Lines to restate from the data below: from the one containing "unfolding components comps_start_with str_eq" to the one containing "replaces the whole.", both included. Give them again exactly, and only them.

────────────────────────────────────────

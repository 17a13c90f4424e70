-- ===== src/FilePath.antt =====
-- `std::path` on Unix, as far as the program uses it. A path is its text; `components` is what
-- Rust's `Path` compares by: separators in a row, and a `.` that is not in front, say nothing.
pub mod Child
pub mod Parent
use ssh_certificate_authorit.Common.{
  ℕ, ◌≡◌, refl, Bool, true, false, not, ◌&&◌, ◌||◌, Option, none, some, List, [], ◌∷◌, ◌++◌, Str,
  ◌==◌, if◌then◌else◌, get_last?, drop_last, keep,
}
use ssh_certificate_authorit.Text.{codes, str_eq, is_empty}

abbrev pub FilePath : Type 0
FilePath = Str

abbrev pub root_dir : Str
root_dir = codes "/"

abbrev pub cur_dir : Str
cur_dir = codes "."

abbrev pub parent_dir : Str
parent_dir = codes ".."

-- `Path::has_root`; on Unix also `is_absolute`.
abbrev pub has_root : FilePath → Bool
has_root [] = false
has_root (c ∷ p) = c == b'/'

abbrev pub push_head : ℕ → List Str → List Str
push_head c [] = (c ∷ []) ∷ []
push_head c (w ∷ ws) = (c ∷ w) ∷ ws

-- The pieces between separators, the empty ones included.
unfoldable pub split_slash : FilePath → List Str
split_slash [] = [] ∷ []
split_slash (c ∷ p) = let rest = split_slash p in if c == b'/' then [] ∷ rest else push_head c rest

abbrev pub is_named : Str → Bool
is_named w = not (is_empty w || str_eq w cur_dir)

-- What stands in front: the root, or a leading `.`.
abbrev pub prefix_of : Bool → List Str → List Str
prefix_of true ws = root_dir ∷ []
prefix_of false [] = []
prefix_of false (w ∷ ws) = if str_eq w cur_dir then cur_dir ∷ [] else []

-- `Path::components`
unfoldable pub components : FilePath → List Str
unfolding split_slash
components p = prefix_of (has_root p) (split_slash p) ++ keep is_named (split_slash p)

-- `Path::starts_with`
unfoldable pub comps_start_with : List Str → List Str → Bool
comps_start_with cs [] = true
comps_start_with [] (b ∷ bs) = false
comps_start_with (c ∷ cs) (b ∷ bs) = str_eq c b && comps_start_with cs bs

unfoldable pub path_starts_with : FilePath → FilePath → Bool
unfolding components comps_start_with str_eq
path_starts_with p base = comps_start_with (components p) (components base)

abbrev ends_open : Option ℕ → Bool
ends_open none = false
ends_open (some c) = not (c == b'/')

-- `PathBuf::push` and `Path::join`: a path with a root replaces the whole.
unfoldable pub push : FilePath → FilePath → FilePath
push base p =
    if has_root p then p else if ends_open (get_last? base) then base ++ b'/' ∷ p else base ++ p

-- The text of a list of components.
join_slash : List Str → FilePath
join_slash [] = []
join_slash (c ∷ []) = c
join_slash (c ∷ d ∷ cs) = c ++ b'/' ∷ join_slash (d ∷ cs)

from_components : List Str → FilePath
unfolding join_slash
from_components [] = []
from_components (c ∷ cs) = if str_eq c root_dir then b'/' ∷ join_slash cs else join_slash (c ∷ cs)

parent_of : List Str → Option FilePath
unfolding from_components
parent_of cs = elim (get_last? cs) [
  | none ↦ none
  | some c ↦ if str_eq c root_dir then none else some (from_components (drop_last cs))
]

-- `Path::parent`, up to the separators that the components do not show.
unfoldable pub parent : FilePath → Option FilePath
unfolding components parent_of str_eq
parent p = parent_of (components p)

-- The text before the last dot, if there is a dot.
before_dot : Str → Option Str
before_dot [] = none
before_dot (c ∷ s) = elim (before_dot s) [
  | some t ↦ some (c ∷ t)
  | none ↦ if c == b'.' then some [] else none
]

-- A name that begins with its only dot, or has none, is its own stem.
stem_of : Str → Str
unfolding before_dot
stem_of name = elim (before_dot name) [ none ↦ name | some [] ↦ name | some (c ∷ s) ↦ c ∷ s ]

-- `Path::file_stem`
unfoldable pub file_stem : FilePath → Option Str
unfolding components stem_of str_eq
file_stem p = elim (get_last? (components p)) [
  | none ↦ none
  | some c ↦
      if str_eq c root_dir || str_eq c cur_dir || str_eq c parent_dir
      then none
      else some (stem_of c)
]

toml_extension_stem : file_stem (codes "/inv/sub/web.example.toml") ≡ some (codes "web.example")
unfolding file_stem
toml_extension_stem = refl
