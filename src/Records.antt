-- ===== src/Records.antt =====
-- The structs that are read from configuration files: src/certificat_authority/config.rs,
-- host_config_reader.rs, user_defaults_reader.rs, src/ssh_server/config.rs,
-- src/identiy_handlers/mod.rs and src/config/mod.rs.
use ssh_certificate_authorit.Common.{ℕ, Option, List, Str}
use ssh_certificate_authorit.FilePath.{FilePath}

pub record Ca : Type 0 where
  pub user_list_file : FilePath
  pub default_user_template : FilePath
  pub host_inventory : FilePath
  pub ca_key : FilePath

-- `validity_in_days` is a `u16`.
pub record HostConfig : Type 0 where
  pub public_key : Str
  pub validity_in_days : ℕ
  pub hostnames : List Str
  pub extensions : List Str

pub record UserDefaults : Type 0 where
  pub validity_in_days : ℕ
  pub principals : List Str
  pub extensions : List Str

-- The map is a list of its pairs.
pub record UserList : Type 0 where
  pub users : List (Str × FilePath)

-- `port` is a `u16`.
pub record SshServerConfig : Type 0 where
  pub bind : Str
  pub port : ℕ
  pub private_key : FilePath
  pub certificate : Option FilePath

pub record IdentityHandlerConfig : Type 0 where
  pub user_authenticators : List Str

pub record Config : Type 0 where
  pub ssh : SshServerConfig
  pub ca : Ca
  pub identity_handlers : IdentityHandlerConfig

────────────────────────────────────────

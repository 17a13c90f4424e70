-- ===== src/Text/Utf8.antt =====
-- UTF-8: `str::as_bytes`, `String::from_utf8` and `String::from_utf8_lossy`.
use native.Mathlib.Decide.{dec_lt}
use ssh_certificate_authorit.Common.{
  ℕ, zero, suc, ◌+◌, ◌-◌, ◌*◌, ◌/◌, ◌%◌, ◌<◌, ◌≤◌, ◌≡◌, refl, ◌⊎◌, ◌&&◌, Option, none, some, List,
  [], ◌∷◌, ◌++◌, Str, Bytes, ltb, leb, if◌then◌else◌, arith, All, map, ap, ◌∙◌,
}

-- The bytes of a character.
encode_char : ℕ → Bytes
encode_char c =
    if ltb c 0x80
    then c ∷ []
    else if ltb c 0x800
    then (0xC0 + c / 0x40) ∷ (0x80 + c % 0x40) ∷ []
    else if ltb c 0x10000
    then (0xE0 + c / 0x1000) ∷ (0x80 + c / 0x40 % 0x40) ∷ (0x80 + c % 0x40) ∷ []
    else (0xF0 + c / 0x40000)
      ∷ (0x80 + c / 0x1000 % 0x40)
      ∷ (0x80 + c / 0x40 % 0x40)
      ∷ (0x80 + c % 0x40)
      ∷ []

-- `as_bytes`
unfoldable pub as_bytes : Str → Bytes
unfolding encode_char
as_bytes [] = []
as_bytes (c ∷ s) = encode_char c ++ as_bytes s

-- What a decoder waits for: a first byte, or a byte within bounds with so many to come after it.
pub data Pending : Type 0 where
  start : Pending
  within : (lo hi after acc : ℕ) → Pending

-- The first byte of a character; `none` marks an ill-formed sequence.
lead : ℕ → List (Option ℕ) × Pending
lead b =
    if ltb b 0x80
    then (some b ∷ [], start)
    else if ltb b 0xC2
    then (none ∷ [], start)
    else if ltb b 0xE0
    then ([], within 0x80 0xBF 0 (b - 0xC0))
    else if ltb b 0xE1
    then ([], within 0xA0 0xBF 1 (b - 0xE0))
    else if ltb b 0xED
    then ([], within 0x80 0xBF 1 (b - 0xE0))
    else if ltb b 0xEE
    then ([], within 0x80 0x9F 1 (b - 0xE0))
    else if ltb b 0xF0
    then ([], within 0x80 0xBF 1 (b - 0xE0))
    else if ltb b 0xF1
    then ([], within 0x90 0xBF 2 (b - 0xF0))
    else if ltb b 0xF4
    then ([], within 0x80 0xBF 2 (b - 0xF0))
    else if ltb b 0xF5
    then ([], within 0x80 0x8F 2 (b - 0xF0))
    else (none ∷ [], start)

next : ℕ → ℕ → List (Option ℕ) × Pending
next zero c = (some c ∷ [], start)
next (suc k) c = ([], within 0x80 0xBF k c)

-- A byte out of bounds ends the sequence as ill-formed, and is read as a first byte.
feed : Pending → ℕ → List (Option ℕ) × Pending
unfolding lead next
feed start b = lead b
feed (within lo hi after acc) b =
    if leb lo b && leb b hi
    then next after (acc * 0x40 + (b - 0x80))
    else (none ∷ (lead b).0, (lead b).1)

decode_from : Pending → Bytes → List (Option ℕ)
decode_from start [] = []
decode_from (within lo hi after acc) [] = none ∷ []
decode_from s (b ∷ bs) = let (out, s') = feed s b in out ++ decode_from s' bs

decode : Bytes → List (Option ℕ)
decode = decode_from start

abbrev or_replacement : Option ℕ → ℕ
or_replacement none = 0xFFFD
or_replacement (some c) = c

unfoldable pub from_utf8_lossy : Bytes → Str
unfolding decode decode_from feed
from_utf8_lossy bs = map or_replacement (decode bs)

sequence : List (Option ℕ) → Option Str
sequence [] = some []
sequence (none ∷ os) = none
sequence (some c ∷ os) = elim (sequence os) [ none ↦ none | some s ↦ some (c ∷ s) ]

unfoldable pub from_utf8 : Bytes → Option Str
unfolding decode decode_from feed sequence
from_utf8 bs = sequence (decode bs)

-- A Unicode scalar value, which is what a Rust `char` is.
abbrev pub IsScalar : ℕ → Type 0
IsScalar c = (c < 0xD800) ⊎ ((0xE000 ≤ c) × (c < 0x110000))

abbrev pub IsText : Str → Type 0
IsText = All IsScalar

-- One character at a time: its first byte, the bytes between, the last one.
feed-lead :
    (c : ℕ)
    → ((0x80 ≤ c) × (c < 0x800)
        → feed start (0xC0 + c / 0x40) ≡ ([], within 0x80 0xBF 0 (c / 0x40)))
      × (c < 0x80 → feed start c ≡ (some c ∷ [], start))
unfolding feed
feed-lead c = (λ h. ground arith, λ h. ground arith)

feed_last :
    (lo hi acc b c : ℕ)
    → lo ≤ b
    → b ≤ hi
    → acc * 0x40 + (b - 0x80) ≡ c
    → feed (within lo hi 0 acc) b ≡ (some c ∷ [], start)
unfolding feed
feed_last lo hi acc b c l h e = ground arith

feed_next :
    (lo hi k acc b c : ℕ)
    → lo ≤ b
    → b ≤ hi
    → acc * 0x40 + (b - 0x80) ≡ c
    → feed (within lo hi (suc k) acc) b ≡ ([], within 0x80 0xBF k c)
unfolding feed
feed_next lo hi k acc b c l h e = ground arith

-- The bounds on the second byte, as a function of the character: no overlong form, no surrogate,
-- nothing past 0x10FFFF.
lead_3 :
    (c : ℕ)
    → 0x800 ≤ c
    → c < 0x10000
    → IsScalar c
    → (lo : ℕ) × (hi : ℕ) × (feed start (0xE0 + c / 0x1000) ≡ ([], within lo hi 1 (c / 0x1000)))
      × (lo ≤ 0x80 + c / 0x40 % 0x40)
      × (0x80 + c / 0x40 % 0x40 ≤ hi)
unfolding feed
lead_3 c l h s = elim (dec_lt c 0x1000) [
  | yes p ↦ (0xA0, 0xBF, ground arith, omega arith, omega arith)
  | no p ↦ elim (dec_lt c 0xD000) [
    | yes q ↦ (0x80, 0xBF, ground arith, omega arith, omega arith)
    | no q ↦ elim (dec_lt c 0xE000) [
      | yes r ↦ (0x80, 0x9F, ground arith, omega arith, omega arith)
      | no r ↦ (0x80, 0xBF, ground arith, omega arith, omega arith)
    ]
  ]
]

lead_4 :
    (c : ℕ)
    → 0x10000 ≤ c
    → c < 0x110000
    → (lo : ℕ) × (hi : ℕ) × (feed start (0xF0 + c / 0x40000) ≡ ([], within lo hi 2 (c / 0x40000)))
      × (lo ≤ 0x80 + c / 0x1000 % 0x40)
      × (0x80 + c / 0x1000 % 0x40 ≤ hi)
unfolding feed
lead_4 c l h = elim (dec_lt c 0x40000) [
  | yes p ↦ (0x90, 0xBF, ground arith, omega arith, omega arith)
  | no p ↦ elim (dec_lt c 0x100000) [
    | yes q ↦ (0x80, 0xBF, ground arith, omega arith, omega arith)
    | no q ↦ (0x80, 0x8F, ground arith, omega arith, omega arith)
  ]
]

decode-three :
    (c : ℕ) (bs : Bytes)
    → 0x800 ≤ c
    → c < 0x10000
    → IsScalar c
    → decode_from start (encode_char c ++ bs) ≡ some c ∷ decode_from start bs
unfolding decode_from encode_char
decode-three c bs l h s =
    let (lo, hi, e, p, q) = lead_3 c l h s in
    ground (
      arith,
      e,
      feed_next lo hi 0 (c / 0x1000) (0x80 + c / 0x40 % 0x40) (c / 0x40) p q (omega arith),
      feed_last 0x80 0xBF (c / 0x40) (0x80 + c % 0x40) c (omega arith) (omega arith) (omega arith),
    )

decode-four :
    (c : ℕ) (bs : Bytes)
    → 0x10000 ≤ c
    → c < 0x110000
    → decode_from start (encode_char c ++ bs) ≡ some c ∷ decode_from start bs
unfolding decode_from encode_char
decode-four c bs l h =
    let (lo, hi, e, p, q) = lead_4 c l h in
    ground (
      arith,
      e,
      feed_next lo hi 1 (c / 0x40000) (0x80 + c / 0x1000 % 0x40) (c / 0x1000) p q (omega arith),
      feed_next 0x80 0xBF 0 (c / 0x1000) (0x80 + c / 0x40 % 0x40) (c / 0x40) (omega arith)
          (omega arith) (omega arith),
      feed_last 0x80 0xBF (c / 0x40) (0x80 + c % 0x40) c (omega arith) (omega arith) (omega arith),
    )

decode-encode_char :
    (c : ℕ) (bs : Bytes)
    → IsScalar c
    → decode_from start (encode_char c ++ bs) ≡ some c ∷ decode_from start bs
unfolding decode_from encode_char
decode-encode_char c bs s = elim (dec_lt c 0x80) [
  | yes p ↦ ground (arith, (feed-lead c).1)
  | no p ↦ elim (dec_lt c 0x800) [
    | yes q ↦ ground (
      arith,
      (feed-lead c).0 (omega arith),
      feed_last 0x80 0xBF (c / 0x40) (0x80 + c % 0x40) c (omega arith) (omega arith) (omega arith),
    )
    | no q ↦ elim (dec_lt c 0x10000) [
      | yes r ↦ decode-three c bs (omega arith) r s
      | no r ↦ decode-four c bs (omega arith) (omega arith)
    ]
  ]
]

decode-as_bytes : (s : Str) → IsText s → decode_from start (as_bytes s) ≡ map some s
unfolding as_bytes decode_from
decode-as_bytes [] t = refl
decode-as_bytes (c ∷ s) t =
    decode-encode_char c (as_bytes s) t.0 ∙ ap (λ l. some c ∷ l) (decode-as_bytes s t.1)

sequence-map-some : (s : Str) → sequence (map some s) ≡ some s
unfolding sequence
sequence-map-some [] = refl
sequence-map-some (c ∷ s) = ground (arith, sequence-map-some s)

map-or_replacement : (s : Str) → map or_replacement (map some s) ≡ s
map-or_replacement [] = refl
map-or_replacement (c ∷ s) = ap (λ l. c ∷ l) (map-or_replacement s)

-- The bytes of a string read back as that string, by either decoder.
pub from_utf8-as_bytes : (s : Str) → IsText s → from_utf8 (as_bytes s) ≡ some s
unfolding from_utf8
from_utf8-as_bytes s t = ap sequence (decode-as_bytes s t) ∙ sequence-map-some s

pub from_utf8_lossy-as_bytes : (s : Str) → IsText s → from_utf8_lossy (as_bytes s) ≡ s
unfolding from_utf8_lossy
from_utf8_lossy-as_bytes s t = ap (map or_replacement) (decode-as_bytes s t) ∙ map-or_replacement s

────────────────────────────────────────

→ **SOLUTION TO THIS TASK**:
unfolding components comps_start_with str_eq
path_starts_with p base = comps_start_with (components p) (components base)

abbrev ends_open : Option ℕ → Bool
ends_open none = false
ends_open (some c) = not (c == b'/')

-- `PathBuf::push` and `Path::join`: a path with a root replaces the whole.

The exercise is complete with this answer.